Companies July 6, 2007, 11:51AM EST

UBS: After Wuffli, What?

The Swiss financial giant suddenly ousted its well-respected CEO, which could cause unease. But he's being replaced by powerful talent

Zurich-based financial giant UBS (UBS) has a disconcerting habit of dispensing with senior managers without warning. Luqman Arnold was shoved out as chief executive officer in December, 2001, and replaced by Peter Wuffli in circumstances shrouded with mystery. Now, Wuffli has lost out in a boardroom coup.

In the early hours of July 6, UBS surprised just about everyone by announcing that the group chief executive would "relinquish all of his functions at UBS and leave the bank." Wuffli will be replaced by Marcel Rohner, the deputy CEO and chief of UBS's most valuable business, private banking (or Global Wealth Management, as it is officially known).

The clumsily handled shift may indicate that the bank is under strain as it tries to maintain its position at the top tables of world financial institutions with the likes of Goldman Sachs (GS) and Morgan Stanley (MS).

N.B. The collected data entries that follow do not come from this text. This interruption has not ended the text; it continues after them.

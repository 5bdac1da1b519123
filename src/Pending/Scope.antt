-- ===== src/Pending/Scope.antt =====
-- What a cancellation reaches, and what becomes of an early decision.
use l4_ide.Prelude.{
  ℕ, suc, ◌+◌, Bool, true, false, Option, none, some, [], ◌∷◌, ◌++◌, ◌≡◌, refl, sym, ◌∙◌, arith,
  ◌==◌, ==_refl, ==_true, if◌then◌else◌, Map, get, set, get-set, nat_key, length, length-append,
  any, ap,
}
use l4_ide.DecisionQuery.Meaning.{IsMap}
use l4_ide.Pending.{
  PendingInteractions, Waiting, Early, ToolCallContext, Settlement, Decision, deny, decided,
  replied, delete, request_approval, decide, keep_where, settle_where, cancel_where, drop_early,
  cancel_conversation, cancel_turn, conversations_of,
}

-- An entry, unless its context is hit.
abbrev pub unless : (ToolCallContext → Bool) → Option Waiting → Option Waiting
unless hit none = none
unless hit (some w) = if hit w.ctx then none else some w

get-keep_where :
    (hit : ToolCallContext → Bool) (k : ℕ) (m : Map ℕ Waiting)
    → IsMap m
    → get k (keep_where hit m) ≡ unless hit (get k m)
unfolding get keep_where
get-keep_where hit k [] n = refl
get-keep_where hit k ((j, w) ∷ m) n =
    let ih = get-keep_where hit k m n.1 in ground (arith, ih, n.0, ==_true k j)

length-keep_where :
    (hit : ToolCallContext → Bool) (how : Settlement) (m : Map ℕ Waiting)
    → length (keep_where hit m) + length (settle_where hit how m) ≡ length m
unfolding keep_where settle_where
length-keep_where hit how [] = omega arith
length-keep_where hit how ((k, w) ∷ m) = ground (arith, length-keep_where hit how m)

-- What a cancellation does: exactly the entries that are hit go, each with one settlement, and the
-- count is the number of them.
pub record Cancels (hit : ToolCallContext → Bool) (s : PendingInteractions) (n : ℕ)
    (t : PendingInteractions) : Type 0 where
  pub approval : (k : ℕ) → get k t.approvals ≡ unless hit (get k s.approvals)
  pub question : (k : ℕ) → get k t.questions ≡ unless hit (get k s.questions)
  pub counted :
      length t.approvals + length t.questions + n ≡ length s.approvals + length s.questions
  pub settlements : length t.settled ≡ length s.settled + n
  pub log :
      t.settled
      ≡ s.settled
        ++ settle_where hit (decided deny) s.approvals
        ++ settle_where hit (replied "") s.questions

cancel_where-Cancels :
    (hit : ToolCallContext → Bool) (s : PendingInteractions)
    → IsMap s.approvals
    → IsMap s.questions
    → Cancels hit s (cancel_where hit s).0 (cancel_where hit s).1
unfolding cancel_where
cancel_where-Cancels hit s m n =
    let denied = settle_where hit (decided deny) s.approvals in
    let skipped = settle_where hit (replied "") s.questions in
    let a = length-keep_where hit (decided deny) s.approvals in
    let b = length-keep_where hit (replied "") s.questions in
    let c : length (s.settled ++ denied ++ skipped)
        ≡ length s.settled + (length denied + length skipped) =
      omega (arith, length-append (s.settled ++ denied) skipped, length-append s.settled denied) in
    record {
      approval = λ k. get-keep_where hit k s.approvals m;
      question = λ k. get-keep_where hit k s.questions n;
      counted = omega (arith, a, b);
      settlements = c;
      log = refl;
    }

-- Cancelling a conversation, where each call waits at most once as an approval and once as a question,
-- denies the approvals and skips the questions of that conversation and leaves all others waiting; it
-- returns how many it cancelled, and as many promises are settled.
pub cancel_conversation-Cancels :
    (c : ℕ) (s : PendingInteractions)
    → IsMap s.approvals
    → IsMap s.questions
    → Cancels
        (λ ctx. ctx.conversation_id == c)
        s
        (cancel_conversation c s).0
        (cancel_conversation c s).1
unfolding cancel_conversation
cancel_conversation-Cancels c s m n =
    let k =
      cancel_where-Cancels (λ ctx. ctx.conversation_id == c)
        (record s { early = drop_early (λ d. d == c) s.early }) m n in
    record {
      approval = k.approval;
      question = k.question;
      counted = k.counted;
      settlements = k.settlements;
      log = k.log;
    }

-- Cancelling a turn does the same to what the turn raised.
pub cancel_turn-Cancels :
    (turn : ℕ) (s : PendingInteractions)
    → IsMap s.approvals
    → IsMap s.questions
    → Cancels (λ ctx. ctx.turn_id == turn) s (cancel_turn turn s).0 (cancel_turn turn s).1
unfolding cancel_turn
cancel_turn-Cancels turn s m n =
    let k =
      cancel_where-Cancels (λ ctx. ctx.turn_id == turn)
        (record s {
          early =
              drop_early
                (λ x.
                  any (λ y. x == y)
                    (conversations_of turn s.approvals ++ conversations_of turn s.questions))
                s.early;
        })
        m n in
    record {
      approval = k.approval;
      question = k.question;
      counted = k.counted;
      settlements = k.settlements;
      log = k.log;
    }

decide_early-run :
    (k : ℕ) (d : Decision) (c : Option ℕ) (s : PendingInteractions)
    → get k s.approvals ≡ none
    → decide k d c s
      ≡ (false, record s { early = set k (record { decision = d; conversation_id = c }) s.early })
unfolding decide
decide_early-run k d c s h = rw (h, decide) refl

request_early-run :
    (k : ℕ) (ctx : ToolCallContext) (s : PendingInteractions) {e : Early}
    → get k s.early ≡ some e
    → request_approval k ctx s ≡ (
      s.made,
      record s {
        early = delete k s.early;
        made = suc s.made;
        settled = s.settled ++ ((s.made, decided e.decision) ∷ []);
      },
    )
unfolding request_approval
request_early-run k ctx s h = rw (h, request_approval) refl

request_new-run :
    (k : ℕ) (ctx : ToolCallContext) (s : PendingInteractions)
    → get k s.early ≡ none
    → request_approval k ctx s ≡ (
      s.made,
      record s {
        approvals = set k (record { promise = s.made; ctx = ctx }) s.approvals;
        made = suc s.made;
      },
    )
unfolding request_approval
request_new-run k ctx s h = rw (h, request_approval) refl

decide_waiting-run :
    (k : ℕ) (d : Decision) (c : Option ℕ) (s : PendingInteractions) {w : Waiting}
    → get k s.approvals ≡ some w
    → decide k d c s ≡ (
      true,
      record s {
        approvals = delete k s.approvals;
        settled = s.settled ++ ((w.promise, decided d) ∷ []);
      },
    )
unfolding decide
decide_waiting-run k d c s h = rw (h, decide) refl

get-set_self {ℓ} : {V : Type ℓ} (k : ℕ) (v : V) (m : Map ℕ V) → get k (set k v m) ≡ some v
get-set_self k v m = let e = ==_refl k in get-set k k v m ∙ rw e refl

-- For a call that neither waits nor has an early decision, deciding first and requesting then, and
-- requesting first and deciding then, both settle the promise of the request with the decision; only the
-- second reports that an approval was waiting.
pub decide_either_order :
    (k : ℕ) (d : Decision) (c : Option ℕ) (ctx : ToolCallContext) (s : PendingInteractions)
    → get k s.approvals ≡ none
    → get k s.early ≡ none
    → let early = decide k d c s in
      let late = request_approval k ctx s in
      (early.0 ≡ false)
      × ((request_approval k ctx early.1).0 ≡ late.0)
      × ((request_approval k ctx early.1).1.settled ≡ s.settled ++ ((late.0, decided d) ∷ []))
      × ((decide k d c late.1).0 ≡ true)
      × ((decide k d c late.1).1.settled ≡ s.settled ++ ((late.0, decided d) ∷ []))
decide_either_order k d c ctx s quiet fresh =
    let e1 = decide_early-run k d c s quiet in
    let e2 = request_new-run k ctx s fresh in
    let noted : Early = record { decision = d; conversation_id = c } in
    let waiting : Waiting = record { promise = s.made; ctx = ctx } in
    let e3 =
      request_early-run k ctx (record s { early = set k noted s.early })
        (get-set_self k noted s.early) in
    let e4 =
      decide_waiting-run k d c
        (record s { approvals = set k waiting s.approvals; made = suc s.made })
        (get-set_self k waiting s.approvals) in
    (
      ap (λ r. r.0) e1,
      ap (λ r. (request_approval k ctx r.1).0) e1 ∙ ap (λ r. r.0) e3 ∙ sym (ap (λ r. r.0) e2),
      ap (λ r. (request_approval k ctx r.1).1.settled) e1
          ∙ ap (λ r. r.1.settled) e3
          ∙ sym (ap (λ r. s.settled ++ ((r.0, decided d) ∷ [])) e2),
      ap (λ r. (decide k d c r.1).0) e2 ∙ ap (λ r. r.0) e4,
      ap (λ r. (decide k d c r.1).1.settled) e2
          ∙ ap (λ r. r.1.settled) e4
          ∙ sym (ap (λ r. s.settled ++ ((r.0, decided d) ∷ [])) e2),
    )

While UBS has been one of the great success stories in finance in recent years, it is coping with issues such as how to prevent the poaching of top traders by hedge funds.

Creating unease

What's more, as a bank that earns its biggest riches from wealth management, UBS is struggling over whether to hazard unsettling its clients by taking the sort of trading risks that have been so successful for Goldman. UBS, like other foreign banks that have made U.S. acquisitions, also is challenged by managing a large U.S. business that includes the former Paine Webber brokerage firm.

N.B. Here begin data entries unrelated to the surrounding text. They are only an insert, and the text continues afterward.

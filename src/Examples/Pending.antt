-- ===== src/Examples/Pending.antt =====
-- The theorems on pending interactions, at a small history.
use l4_ide.Prelude.{true, false, [], ◌∷◌, ◌++◌, none, ◌≡◌, refl, get, nat_key, ◌==◌}
use l4_ide.Pending.{
  PendingInteractions, ToolCallContext, allow, deny, decided, new_pending, request_approval, decide,
  ask_user, cancel_conversation, cancel_turn,
}
use l4_ide.Pending.Once.{
  IsOnce, Reachable, start, after, requested, asked, decided_on, Reachable-IsOnce,
}
use l4_ide.Pending.Scope.{
  Cancels, cancel_conversation-Cancels, cancel_turn-Cancels, decide_either_order,
}

abbrev here : ToolCallContext
here = record { conversation_id = 1; turn_id = 10 }

abbrev there : ToolCallContext
there = record { conversation_id = 2; turn_id = 20 }

-- Call 5 waits for an approval here, call 6 for an answer there, and call 5 is then allowed.
abbrev history : PendingInteractions
history = (decide 5 allow none (ask_user 6 there (request_approval 5 here new_pending).1).1).1

history-Reachable : Reachable history
history-Reachable =
    after (after (after start (requested 5 here _)) (asked 6 there _)) (decided_on 5 allow none _)

once_example : IsOnce history
once_example = Reachable-IsOnce history-Reachable

abbrev waiting_two : PendingInteractions
waiting_two = record {
  approvals =
      (5, record { promise = 0; ctx = here }) ∷ (7, record { promise = 2; ctx = there }) ∷ [];
  questions = (6, record { promise = 1; ctx = there }) ∷ [];
  early = [];
  made = 3;
  settled = [];
}

cancel_conversation_example :
    Cancels
      (λ ctx. ctx.conversation_id == 2)
      waiting_two
      (cancel_conversation 2 waiting_two).0
      (cancel_conversation 2 waiting_two).1
cancel_conversation_example =
    cancel_conversation-Cancels 2 waiting_two (unfold get in (refl, (refl, tt)))
      (unfold get in (refl, tt))

cancel_turn_example :
    Cancels
      (λ ctx. ctx.turn_id == 10)
      waiting_two
      (cancel_turn 10 waiting_two).0
      (cancel_turn 10 waiting_two).1
cancel_turn_example =
    cancel_turn-Cancels 10 waiting_two (unfold get in (refl, (refl, tt))) (unfold get in (refl, tt))

either_order_example :
    let early = decide 9 deny none waiting_two in
    let late = request_approval 9 here waiting_two in
    (early.0 ≡ false)
    × ((request_approval 9 here early.1).0 ≡ late.0)
    × ((request_approval 9 here early.1).1.settled
        ≡ waiting_two.settled ++ ((late.0, decided deny) ∷ []))
    × ((decide 9 deny none late.1).0 ≡ true)
    × ((decide 9 deny none late.1).1.settled ≡ waiting_two.settled ++ ((late.0, decided deny) ∷ []))
either_order_example =
    decide_either_order 9 deny none here waiting_two (unfold get in refl) (unfold get in refl)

It is not clear, though, whether ousting Wuffli is the answer to any of these questions. The former McKinsey consultant is well-respected inside and outside UBS for the job he has done in forging a collection of acquired institutions into a coherent force (see BusinessWeek.com, 07/25/05, "The Master of Zurich"). His abrupt departure is bound to create unease inside the bank and raise questions about the bank's future direction.

Assuming that there are no time bombs lurking on UBS's books, what could ease any damage is that Rohner and Raoul Weill, 47, who will succeed Rohner as head of Global Wealth Management and Business Banking, are both rated savvy, relatively youthful financiers in the Wuffli mold. "Strategically, there will be little change," said analysts from Keefe, Bruyette, & Woods, an investment bank specializing in financial institutions, in a research note.

Between the Cracks

UBS explains Wuffli's departure as the result of a boardroom disagreement over succession. Marcel Ospel, the chairman and longtime architect of UBS's expansion, wanted to step down and suggested that Wuffli move up to chairman. But the board "decided not to accept his proposal," UBS says. The board "does not view the succession of the CEO to the position of chairman as automatic."

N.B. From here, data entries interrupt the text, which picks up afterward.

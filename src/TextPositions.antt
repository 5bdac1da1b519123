-- ===== src/TextPositions.antt =====
-- ts-shared/legalese-agent/src/text-positions.ts: offsets in a text, and positions by line and character. A
-- text is its list of UTF-16 code units. Offsets, lines and characters are natural numbers.
pub mod Search
pub mod RoundTrip
use Prim.Native.Nat.{◌/◌}
use l4_ide.Prelude.{
  ℕ, zero, suc, ◌+◌, ◌-◌, min, Bool, true, false, ◌&&◌, ◌||◌, Option, none, some, List, [], ◌∷◌,
  ◌==◌, if◌then◌else◌, ltb, leb, length, take, drop,
}

pub record LspPosition : Type 0 where
  pub line : ℕ
  pub character : ℕ

-- `text.charCodeAt(i)`, or a line's start: none out of range.
unfoldable pub code_at : List ℕ → ℕ → Option ℕ
code_at [] i = none
code_at (c ∷ cs) zero = some c
code_at (c ∷ cs) (suc i) = code_at cs i

abbrev pub is_code : ℕ → Option ℕ → Bool
is_code c none = false
is_code c (some d) = d == c

-- The loop of `lineStarts`, at the offset `i`.
unfoldable pub starts_from : ℕ → List ℕ → List ℕ
starts_from i [] = []
starts_from i (c ∷ []) = if (c == 13) || (c == 10) then (i + 1) ∷ [] else []
starts_from i (c ∷ d ∷ cs) =
    let after_both : List ℕ = (i + 2) ∷ starts_from (i + 2) cs in
    let rest : List ℕ = starts_from (i + 1) (d ∷ cs) in
    if (c == 13) && (d == 10)
    then after_both
    else if (c == 13) || (c == 10)
    then (i + 1) ∷ rest
    else rest

unfoldable pub line_starts : List ℕ → List ℕ
unfolding starts_from
line_starts text = 0 ∷ starts_from 0 text

-- `if (end > 0 && text.charCodeAt(end - 1) === c) end--`
unfoldable pub back_over : List ℕ → ℕ → ℕ → ℕ
unfolding code_at
back_over text c stop = if ltb 0 stop && is_code c (code_at text (stop - 1)) then stop - 1 else stop

unfoldable pub line_end : List ℕ → List ℕ → ℕ → ℕ
unfolding back_over code_at
line_end text starts line = elim (code_at starts (line + 1)) [
  | none ↦ length text
  | some next ↦ back_over text 13 (back_over text 10 next)
]

-- `starts[i]!`
abbrev pub start_at : List ℕ → ℕ → ℕ
unfolding code_at
start_at starts i = elim (code_at starts i) [ none ↦ 0 | some s ↦ s ]

-- The binary search, with fuel for its rounds.
unfoldable pub last_start : ℕ → List ℕ → ℕ → ℕ → ℕ → ℕ
unfolding code_at
last_start zero starts offset lo hi = lo
last_start (suc fuel) starts offset lo hi =
    let mid = (lo + hi + 1) / 2 in
    let right = last_start fuel starts offset mid hi in
    let left = last_start fuel starts offset lo (mid - 1) in
    if ltb lo hi then (if leb (start_at starts mid) offset then right else left) else lo

unfoldable pub position_at : List ℕ → ℕ → LspPosition
unfolding line_starts line_end last_start code_at
position_at text offset =
    let clamped = min offset (length text) in
    let starts = line_starts text in
    let lo = last_start (length starts) starts clamped 0 (length starts - 1) in
    record { line = lo; character = min clamped (line_end text starts lo) - start_at starts lo }

unfoldable pub offset_at : List ℕ → LspPosition → ℕ
unfolding line_starts line_end code_at
offset_at text position =
    let starts = line_starts text in
    if leb (length starts) position.line
    then length text
    else min (start_at starts position.line + position.character)
        (line_end text starts position.line)

-- The text between two positions.
unfoldable pub text_in_range : List ℕ → LspPosition → LspPosition → List ℕ
unfolding offset_at
text_in_range text start stop = drop (offset_at text start) (take (offset_at text stop) text)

Instead, the board decided to promote Rohner, a 42-year-old rising star, but asked Ospel to stay on for another three-year term as chairman. Wuffli, as someone put it, "fell between the table and the bench."

What seems to have happened is that some recent stumbles dulled Wuffli's luster. Chief among them was his decision, announced on May 3, to fold Dillon Read Capital Management (DRCM), UBS's U.S. hedge fund unit, back into the bank after losses in the subprime mortgage market (see BusinessWeek.com, 05/03/07, "UBS: A Hedge-Fund Stumble").